2.10.2009

The Benefit of Just Showing Up


Never mind the fact that I have sixteen half-written blogs to choose from this morning, running across any article about the creative process warrants a stop at the lemonade stand.

(Eat, Love, Pray Author on How We Kill Geniuses by Kim Zetter)

Over the years, I’ve read a couple of really great books about the creative process by writers, dancers, choreographers, photographers, painters, designer, and ever a few actresses thrown in for good measure. Most of these books end up as best sellers. For one, people like me can’t walk past one in a bookstore without marching to the register. Granted I’m biased, but I think creativity captivates people because it has no formula. Beyond sitting at your desk to write everyday, or showing up at the studio to dance, there’s no guarantee that brilliance will come.

In fact, it rarely does.

According to the United Nations Educational and Cultural Organization (UNESCO), there are 175,000 books published in the United States each year on average. Of those, less than 5% ever sell more than 5,000 copies, and the odds of winding up on the New York Times Best Seller list are 220:1. If my Times measuring stick doesn’t convert to your standard, consider this: On any given best seller list, more than five spots might be occupied by unbeatable bestsellers which have been on that list for years!

The point is that a million writers are putting thoughts to paper at any given moment, half of them have the intention of being published, a quarter of them will convince themselves that they deserve to be published, less than that will convince someone else (who can actually make that happen), 795 lucky writers have a shot at a Times best seller, and in the end, the one who strikes any of us as the creative genius wont even be able to tell us how they did it.

Whether it’s all just smoke and mirrors, divine intervention, hard work, or dumb luck, we'll never really know where creativity blurs to genius. Neither will the artist. Which is why I love this article I ran across yesterday.

If you haven’t already (Ali, Theresa…), read Eat, Pray, Love by Elizabeth Gilbert. I’m not going to get into any selling points since 99.9% of you have read it. The real story is what happened after it became a huge success. With its success, Gilbert achieved unexpected attention, which she says, was all very nice until people began to wonder how she would ever top her achievement.

“Everywhere I go now people treat me like I’m doomed,” she said.

Following her tremendous success, Gilbert watched as her peers set her smack dab in the middle of their concocted “downhill dilemma.” It was not the way she saw it at all.

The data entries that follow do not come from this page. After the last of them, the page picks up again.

-- ===== src/MachineService.antt =====
-- internal/application/machineservice/service.go and internal/application/inframanager/registry.go:
-- imperative operations on a machine, each recorded once for an idempotency key. The Talos client, the
-- infrastructure providers and the secret store are parameters.
pub mod Settles
pub mod Repeats
use talos_app.Prelude.{
  ℕ, String, Bool, true, false, not, ◌||◌, Option, none, some, str_eq, if◌then◌else◌,
}
use talos_app.Shared.{
  Uuid, Time, Error, wrap, sentinel, not_found, not_implemented, is, Text, lit, printed, no_text,
  no_timestamps,
}
use talos_app.Exec.{Exec, Result, ok, err, pure, raise, attempt, wrapped, ◌>>=◌, ◌>>◌}
use talos_app.Domain.Machine.{Machine, ProviderType, InfrastructureProvider}
use talos_app.Domain.Operation.{Operation, Kind, Status, running, succeeded, failed}
use talos_app.Platform.{Platform, World, clock, new_id}
use talos_app.ClusterRepo
use talos_app.MachineRepo.{
  get_machine, get_provider, get_operation_by_key, create_operation, update_operation,
}

-- `ports.InfrastructureProvider`, as far as the service calls it.
pub record Provider (X : Type 0) : Type 0 where
  pub power_on : String → Exec (Platform X) (Unit {0})
  pub power_off : String → Exec (Platform X) (Unit {0})
  pub reboot : String → Exec (Platform X) (Unit {0})

-- What the service is built with; `multi_cluster` is that neither the cluster repository nor the
-- secret store is nil.
pub record Service (X : Type 0) : Type 0 where
  pub talos_reboot : String → Exec (Platform X) (Unit {0})
  pub talos_shutdown : String → Exec (Platform X) (Unit {0})
  pub talos_upgrade : String → String → Exec (Platform X) (Unit {0})
  pub talos_credentials : String → String → Exec (Platform X) (Unit {0})
  pub secret : String → Exec (Platform X) String
  pub multi_cluster : Bool
  pub providers : ProviderType → Option (Provider X)

-- What `beginOperation` returns: the operation that is already recorded, or a new one.
pub data Begun : Type 0 where
  repeated : Operation → Begun
  started : Operation → Machine → Begun

-- The operation and the error of Go's pair of results.
abbrev pub Outcome : Type 0
Outcome = Operation × Option Error

unfoldable pub new_operation : Uuid → String → Kind → Machine → Uuid → Uuid → Time → Operation
new_operation id key kind m machine by now = record {
  id = id;
  idempotency_key = key;
  kind = kind;
  cluster_id = m.cluster_id;
  machine_id = some machine;
  requested_by = by;
  status = running;
  result = no_text;
  started_at = some now;
  finished_at = none;
  timestamps = no_timestamps;
}

abbrev pub end_status : Result (Unit {0}) → Status
end_status (ok _) = succeeded
end_status (err _) = failed

abbrev pub end_text : Result (Unit {0}) → Text
end_text (ok _) = lit "ok"
end_text (err x) = printed x

abbrev pub failure : Result (Unit {0}) → Option Error
failure (ok _) = none
failure (err x) = some (wrap "%s failed" x)

unfoldable pub ended : Time → Result (Unit {0}) → Operation → Operation
ended now r op = record op { finished_at = some now; status = end_status r; result = end_text r }

module _ {X : Type 0} (w : World) (svc : Service X) where
  -- `Registry.For`
  unfoldable pub provider_for : ProviderType → Exec (Platform X) (Provider X)
  provider_for t = elim (svc.providers t) [
    | none ↦ raise (
        wrap "%w: no infrastructure provider implementation registered for type %s"
          (sentinel not_implemented))
    | some p ↦ pure p
  ]

  -- `ensureTalosCredentials` for a machine of a cluster.
  abbrev cluster_credentials : Machine → Uuid → Exec (Platform X) (Unit {0})
  cluster_credentials m cluster = do
    c ← wrapped "resolving machine's cluster" (ClusterRepo.get w cluster)
    if str_eq c.talos_config_ref "" then pure tt else (do
      config ← wrapped "loading talosconfig for cluster %s" (svc.secret c.talos_config_ref)
      svc.talos_credentials m.management_ip config)

  abbrev credentials_of : Bool → Option Uuid → Machine → Exec (Platform X) (Unit {0})
  credentials_of false cluster m = pure tt
  credentials_of true none m = pure tt
  credentials_of true (some cluster) m = cluster_credentials m cluster

  unfoldable pub ensure_talos_credentials : Machine → Exec (Platform X) (Unit {0})
  ensure_talos_credentials m = credentials_of svc.multi_cluster m.cluster_id m

  unfoldable pub begin_new : Kind → Uuid → Uuid → String → Exec (Platform X) Begun
  begin_new kind machine by key = do
    m ← get_machine w machine
    now ← clock w
    id ← new_id w
    op ←
        wrapped "recording operation"
          (create_operation w (new_operation id key kind m machine by now))
    pure (started op m)

  unfoldable pub begin_found :
      Result Operation → Kind → Uuid → Uuid → String → Exec (Platform X) Begun
  unfolding begin_new
  begin_found (ok existing) kind machine by key = pure (repeated existing)
  begin_found (err x) kind machine by key =
      if is x not_found
      then begin_new kind machine by key
      else raise (wrap "checking idempotency key" x)

  unfoldable pub begin_operation : Kind → Uuid → Uuid → String → Exec (Platform X) Begun
  unfolding begin_found
  begin_operation kind machine by key = do
    found ← attempt (get_operation_by_key w key)
    begin_found found kind machine by key

  unfoldable pub finish_operation : Operation → Result (Unit {0}) → Exec (Platform X) Outcome
  unfolding ended
  finish_operation op r = do
    now ← clock w
    done ← wrapped "persisting operation result" (update_operation w (ended now r op))
    pure (done, failure r)

  -- The work of `runOperation` on a machine.
  unfoldable pub on_talos :
      (String → Exec (Platform X) (Unit {0})) → Machine → Exec (Platform X) (Unit {0})
  on_talos fn m = do ensure_talos_credentials m; fn m.management_ip

  -- The work of `runInfraOperation` on a machine.
  unfoldable pub on_provider :
      (Provider X → String → Exec (Platform X) (Unit {0})) → Machine → Exec (Platform X) (Unit {0})
  on_provider fn m = do
    row ← wrapped "resolving infrastructure provider record" (get_provider w m.provider_id)
    p ← provider_for row.type
    fn p m.provider_machine_id

  -- Both families of operations: a repeated request does no work, and what the work returns,
  -- its preparation included, is the result that is recorded.
  unfoldable pub run_begun :
      (Machine → Exec (Platform X) (Unit {0})) → Begun → Exec (Platform X) Outcome
  unfolding finish_operation
  run_begun work (repeated op) = pure (op, none)
  run_begun work (started op m) = do r ← attempt (work m); finish_operation op r

  unfoldable pub run_operation :
      (Machine → Exec (Platform X) (Unit {0}))
      → Kind
      → Uuid
      → Uuid
      → String
      → Exec (Platform X) Outcome
  unfolding run_begun begin_operation
  run_operation work kind machine by key = do
    begun ← begin_operation kind machine by key
    run_begun work begun

  unfoldable pub reboot : Uuid → Uuid → String → Exec (Platform X) Outcome
  reboot machine by key =
      run_operation (on_talos svc.talos_reboot) Kind.reboot_machine machine by key

  unfoldable pub shutdown : Uuid → Uuid → String → Exec (Platform X) Outcome
  shutdown machine by key =
      run_operation (on_talos svc.talos_shutdown) Kind.shutdown_machine machine by key

  unfoldable pub upgrade : Uuid → Uuid → String → String → Exec (Platform X) Outcome
  upgrade machine by key image =
      run_operation (on_talos (λ ip. svc.talos_upgrade ip image)) Kind.upgrade_talos machine by key

  unfoldable pub hard_power_on : Uuid → Uuid → String → Exec (Platform X) Outcome
  hard_power_on machine by key =
      run_operation (on_provider (λ p. p.power_on)) Kind.hard_power_on machine by key

  unfoldable pub hard_power_off : Uuid → Uuid → String → Exec (Platform X) Outcome
  hard_power_off machine by key =
      run_operation (on_provider (λ p. p.power_off)) Kind.hard_power_off machine by key

  unfoldable pub hard_power_cycle : Uuid → Uuid → String → Exec (Platform X) Outcome
  hard_power_cycle machine by key =
      run_operation (on_provider (λ p. p.reboot)) Kind.hard_power_cycle machine by key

Last Thursday, Gilbert gave a speech in California entitled, “How We Kill Our Geniuses.” The idea is that American society kills its geniuses (aka best selling authors, and all types of artists) by demanding super-human powers from them. Gilbert argues that “…instead of seeing the individual as a genius, we should view the brilliance as a gift from an unknowable outside source –some might call it a muse, others a fairy or god force—that visits us on occasion to participate in an act of creation, and then leaves to help someone else.”

She received a full standing ovation for her talk from an audience of people who, according to Kim Zetter at Wired, “generally don’t give in to beliefs about muses, fairies and god forces.”

I’ve absolutely heard this theory before. In fact, I’m sure that it’s a mindset prescribed to artists for the same reason doctors prescribe Ambien. This type of thinking takes some of the pressure off someone trying to put everything they have into a creative endeavor. Renowned choreographer Twyla Tharp says that you can walk around every day hoping to get hit by a bolt of lightning (metaphorically speaking), but unless you hike up to the top of a hill, it’s less likely to happen. Okay, I’m sure her metaphor is a bit less gruesome, but she describes it as lightning, nonetheless.

It’s all about the legwork on our “mortal” end of things (if we’re talking divine intervention, that is). Gilbert said in her speech that she ran into a severe case of writer’s block while writing Eat, Pray, Love and resolved that if the book didn’t turn out to be as good, it wasn’t going to be entirely her fault. “So if you want [the book] to be better,” she said aloud to whatever entity it was that usually helped her, “then you’ve got to show up and do your part of the deal. But I’ll keep writing anyway, because that’s my job. And I’d like the record to report today that I showed up.”

Just do your job, Gilbert says. Show up everyday. Hike to the top of the highest point for inspiration –whatever it may be that positions you in the right place every day so that when the lightning/god force/220:1 probability/transcendent state/muse/fairy/inspiration decides to bless you, it will know exactly where you are.

I read Stephen King’s book On Writing when I was in high school, so I’ll end with my favorite quote:
“Put your desk in the corner, and every time you sit down there to write, remind yourself why it isn’t in the middle of the room. Life isn’t a support-system for art. It’s the other way around.”